BRATISLAVA, (Reuters) – Voters look poised to oust the center-left Smer party that has dominated Slovakia’s political landscape for more than a decade in a national election on Saturday overshadowed by anger over high-level graft.
Igor Matovic, leader of Ordinary People and Independent Personalities (OLaNO) leaves with his wife Pavlina Matovicova and daughter after casting his vote during the country’s parliamentary election, in Trnava, Slovakia February 29, 2020. REUTERS/David W Cerny
Opinion polls ahead of a two-week moratorium before the ballot pointed to a rapid rise for anti-corruption movement Ordinary People (OLANO), increasing chances it may form a center-right majority with smaller conservative and liberal parties to outmaneuver Smer.
OLANO leader Igor Matovic has pledged to clean up politics, an ambition encapsulated in his party’s slogan: “Let’s Beat the Mafia Together”.
“My aim was to wake up a sleeping dragon – non-voters. These are two million people who lost faith in the state and had a feeling that politics is just a lords’ mischief,” he said after voting in Trnava, 50km (30 miles) north of the capital. “I hope that these people will come to vote and decide the election.”
The political shift in the euro zone member state, which has avoided fights with Brussels unlike its central European Visegrad Group neighbors Hungary and Poland, started with the 2018 murder of journalist Jan Kuciak and his fiancee.
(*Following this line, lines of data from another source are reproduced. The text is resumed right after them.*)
-- ===== src/Base.antt =====
-- cyber/base: containers and locks that threads share.
pub mod Bounded
pub mod RwLock
mod Tests
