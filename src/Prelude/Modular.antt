-- ===== src/Prelude/Modular.antt =====
-- Remainders of nearby positions.
use Prim.Native.Nat.{ℕ, ◌+◌, ◌%◌, ◌<◌}
use mathlib.Core.Path.{◌≡◌}
use mathlib.Core.Logic.{◌≢◌}
use native.Mathlib.Nat.{div-add-mod}
use native.Mathlib.Omega.{arith}

pub mod-ne_of_near : (a b c : ℕ) → a < b → b < a + c → a % c ≢ b % c
mod-ne_of_near a b c h k e = grind (arith, div-add-mod a c, div-add-mod b c)

pub mod-eq_of_add : (a b c : ℕ) → b ≡ a + c → b % c ≡ a % c
mod-eq_of_add a b c e = grind arith
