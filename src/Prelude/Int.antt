-- ===== src/Prelude/Int.antt =====
-- Signed counters, and tallies over the phases of threads.
use Prim.Native.Nat.{ℕ, zero, suc, ◌+◌, ◌-◌, ◌^◌, ◌≤◌}
use mathlib.Core.Path.{◌≡◌, refl}
use mathlib.Core.Bool.{Bool, true, false}
use mathlib.Core.List.{List, [], ◌∷◌}
use mathlib.Core.Option.{some}
use native.Mathlib.Omega.{arith}
use cyber_rt_standalone_r.Prelude.Tests.{◌==◌, if◌then◌else◌}
use cyber_rt_standalone_r.Prelude.Lists.{set, get_elem?, replicate, length}

-- `negsuc n` is -(n + 1).
pub data ℤ : Type 0 where
  pos : ℕ → ℤ
  negsuc : ℕ → ℤ

abbrev pub is_neg : ℤ → Bool
is_neg (pos n) = false
is_neg (negsuc n) = true

abbrev pub eqb_ℤ : ℤ → ℤ → Bool
eqb_ℤ (pos a) (pos b) = a == b
eqb_ℤ (pos a) (negsuc b) = false
eqb_ℤ (negsuc a) (pos b) = false
eqb_ℤ (negsuc a) (negsuc b) = a == b

-- `fetch_add(1)` and `fetch_sub(1)`.
abbrev pub succ_ℤ : ℤ → ℤ
succ_ℤ (pos n) = pos (n + 1)
succ_ℤ (negsuc zero) = pos 0
succ_ℤ (negsuc (suc n)) = negsuc n

abbrev pub pred_ℤ : ℤ → ℤ
pred_ℤ (pos zero) = negsuc 0
pred_ℤ (pos (suc n)) = pos n
pred_ℤ (negsuc n) = negsuc (n + 1)

-- The same on 32 bits.
abbrev pub succ_i32 : ℤ → ℤ
succ_i32 (pos n) = if n == 2 ^ 31 - 1 then negsuc (2 ^ 31 - 1) else pos (n + 1)
succ_i32 (negsuc n) = succ_ℤ (negsuc n)

abbrev pub pred_i32 : ℤ → ℤ
pred_i32 (pos n) = pred_ℤ (pos n)
pred_i32 (negsuc n) = if n == 2 ^ 31 - 1 then pos (2 ^ 31 - 1) else negsuc (n + 1)

module _ {A : Type 0} where
  -- The sum of `f` over a list.
  abbrev pub tally : (A → ℕ) → List A → ℕ
  tally f [] = 0
  tally f (x ∷ xs) = f x + tally f xs

  pub tally-set :
      (f : A → ℕ) (xs : List A) (i : ℕ) (old new : A)
      → get_elem? xs i ≡ some old
      → tally f (set xs i new) + f old ≡ tally f xs + f new
  tally-set f [] i old new e = absurd (ground arith)
  tally-set f (x ∷ xs) zero old new e = ground arith
  tally-set f (x ∷ xs) (suc i) old new e = omega (arith, tally-set f xs i old new e)

  -- The tally with the `i`-th thread taken out, and put back in a new phase.
  pub tally-others :
      (f : A → ℕ) (out : A) (xs : List A) (i : ℕ) (old new : A)
      → get_elem? xs i ≡ some old
      → f out ≡ 0
      → (tally f xs ≡ tally f (set xs i out) + f old)
        × (tally f (set xs i new) ≡ tally f (set xs i out) + f new)
  tally-others f out xs i old new e z =
      omega (arith, tally-set f xs i old out e, tally-set f xs i old new e)

  pub tally-replicate : (f : A → ℕ) (a : A) (n : ℕ) → f a ≡ 0 → tally f (replicate n a) ≡ 0
  tally-replicate f a zero e = refl
  tally-replicate f a (suc n) e = omega (arith, tally-replicate f a n e)

  -- A tally of at most one for each.
  pub tally_below : (f : A → ℕ) → ((a : A) → f a ≤ 1) → (xs : List A) → tally f xs ≤ length xs
  tally_below f h [] = omega arith
  tally_below f h (x ∷ xs) = omega (arith, h x, tally_below f h xs)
An investigation unearthed communications between a businessman now on trial for ordering the hit and politicians and judicial officials. He has denied the charges.
The killing led to the biggest street protests in the post-communist era, forcing Smer leader Robert Fico to resign, though his party’s coalition held on to power.
“I hope this election will bring change – the change in politics, in attitude, in applying the rule of law,” said public sector manager Stefan Varga, voting in Galanta, 50 km east of Bratislava.
Voting was extended by an hour to 11 p.m. local time (2200 GMT) at two out of nearly six thousand polling stations due to the death of a local election commission member. This meant publication of exit polls would also be delayed until those stations closed. Results were expected on Sunday.
OLANO’s support surged after Matovic filmed a video outside a former Smer finance minister’s villa in France last month and called for the property to be confiscated.
Matovic, 46, told Reuters last week he wanted to be a conciliatory voice toward the EU within Visegrad.
The former owner of regional newspapers, a lawmaker since 2010, calls himself a social conservative and economic liberal.
In the European Parliament, OLANO is aligned with the center-right European People’s Party.
An OLANO-led government might struggle to agree on policies, however, as it would be made up of up to six parties including eurosceptics, conservatives and progressives.
Smer was seen scoring its worst result since 2002, although it might still end up as the biggest party. Its nationalist and Hungarian minority allies faced the threat of dropping out of parliament.
Prime Minister Peter Pellegrini said after casting his vote in the central city of Banska Bystrica he was “ready to accept any result”.
Smer might try to retain power by securing support from the far-right People’s Party, but political analysts said that option looked increasingly unlikely.
No new government is likely to lift Slovakia’s opposition to accepting migrants or allowing gay partnerships or marriages.